- _Exercise_: Your answer must hold only the lines below from the line containing "-- The waveform" through the line containing "wave = trace_odata 0", each reproduced exactly.

- _Supplied material_:
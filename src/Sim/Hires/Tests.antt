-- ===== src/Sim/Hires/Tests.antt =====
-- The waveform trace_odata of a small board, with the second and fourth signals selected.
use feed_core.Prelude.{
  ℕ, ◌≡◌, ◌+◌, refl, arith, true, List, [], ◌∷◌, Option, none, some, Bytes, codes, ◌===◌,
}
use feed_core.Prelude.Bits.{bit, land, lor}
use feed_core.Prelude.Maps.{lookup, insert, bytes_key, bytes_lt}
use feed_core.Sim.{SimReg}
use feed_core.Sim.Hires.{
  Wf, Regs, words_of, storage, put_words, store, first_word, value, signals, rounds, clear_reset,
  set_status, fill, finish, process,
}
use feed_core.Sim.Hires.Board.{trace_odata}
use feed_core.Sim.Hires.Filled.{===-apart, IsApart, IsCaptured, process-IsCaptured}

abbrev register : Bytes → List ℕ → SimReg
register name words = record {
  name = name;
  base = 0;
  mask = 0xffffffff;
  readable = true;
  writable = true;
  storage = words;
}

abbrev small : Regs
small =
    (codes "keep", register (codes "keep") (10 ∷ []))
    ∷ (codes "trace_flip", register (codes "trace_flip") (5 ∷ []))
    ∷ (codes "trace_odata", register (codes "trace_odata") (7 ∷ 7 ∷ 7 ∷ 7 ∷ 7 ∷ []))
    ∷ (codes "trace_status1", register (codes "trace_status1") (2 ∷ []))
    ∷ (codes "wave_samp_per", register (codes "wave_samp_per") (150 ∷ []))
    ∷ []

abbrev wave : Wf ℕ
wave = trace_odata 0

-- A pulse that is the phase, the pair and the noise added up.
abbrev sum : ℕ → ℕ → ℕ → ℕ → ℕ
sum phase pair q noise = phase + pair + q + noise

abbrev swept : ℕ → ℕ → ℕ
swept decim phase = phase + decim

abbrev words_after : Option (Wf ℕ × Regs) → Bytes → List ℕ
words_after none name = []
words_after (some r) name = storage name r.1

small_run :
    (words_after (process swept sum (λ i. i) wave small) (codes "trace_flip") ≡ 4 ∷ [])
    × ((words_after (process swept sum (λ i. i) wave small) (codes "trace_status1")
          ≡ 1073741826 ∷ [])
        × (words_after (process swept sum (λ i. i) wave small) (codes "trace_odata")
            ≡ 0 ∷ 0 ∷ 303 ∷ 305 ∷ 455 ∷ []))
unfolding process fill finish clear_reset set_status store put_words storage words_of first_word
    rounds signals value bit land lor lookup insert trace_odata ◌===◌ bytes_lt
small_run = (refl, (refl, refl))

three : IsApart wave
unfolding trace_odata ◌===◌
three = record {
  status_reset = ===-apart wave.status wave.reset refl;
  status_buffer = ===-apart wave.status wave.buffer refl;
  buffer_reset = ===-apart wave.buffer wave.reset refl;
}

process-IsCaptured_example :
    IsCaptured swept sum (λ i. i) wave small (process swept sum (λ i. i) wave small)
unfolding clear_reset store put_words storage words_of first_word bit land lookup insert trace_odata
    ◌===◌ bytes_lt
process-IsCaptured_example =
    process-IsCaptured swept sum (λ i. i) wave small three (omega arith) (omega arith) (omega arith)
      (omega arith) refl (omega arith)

- _Your solution_:
-- The waveform trace_odata of a small board, with the second and fourth signals selected.
use feed_core.Prelude.{
  ℕ, ◌≡◌, ◌+◌, refl, arith, true, List, [], ◌∷◌, Option, none, some, Bytes, codes, ◌===◌,
}
use feed_core.Prelude.Bits.{bit, land, lor}
use feed_core.Prelude.Maps.{lookup, insert, bytes_key, bytes_lt}
use feed_core.Sim.{SimReg}
use feed_core.Sim.Hires.{
  Wf, Regs, words_of, storage, put_words, store, first_word, value, signals, rounds, clear_reset,
  set_status, fill, finish, process,
}
use feed_core.Sim.Hires.Board.{trace_odata}
use feed_core.Sim.Hires.Filled.{===-apart, IsApart, IsCaptured, process-IsCaptured}

abbrev register : Bytes → List ℕ → SimReg
register name words = record {
  name = name;
  base = 0;
  mask = 0xffffffff;
  readable = true;
  writable = true;
  storage = words;
}

abbrev small : Regs
small =
    (codes "keep", register (codes "keep") (10 ∷ []))
    ∷ (codes "trace_flip", register (codes "trace_flip") (5 ∷ []))
    ∷ (codes "trace_odata", register (codes "trace_odata") (7 ∷ 7 ∷ 7 ∷ 7 ∷ 7 ∷ []))
    ∷ (codes "trace_status1", register (codes "trace_status1") (2 ∷ []))
    ∷ (codes "wave_samp_per", register (codes "wave_samp_per") (150 ∷ []))
    ∷ []

abbrev wave : Wf ℕ
wave = trace_odata 0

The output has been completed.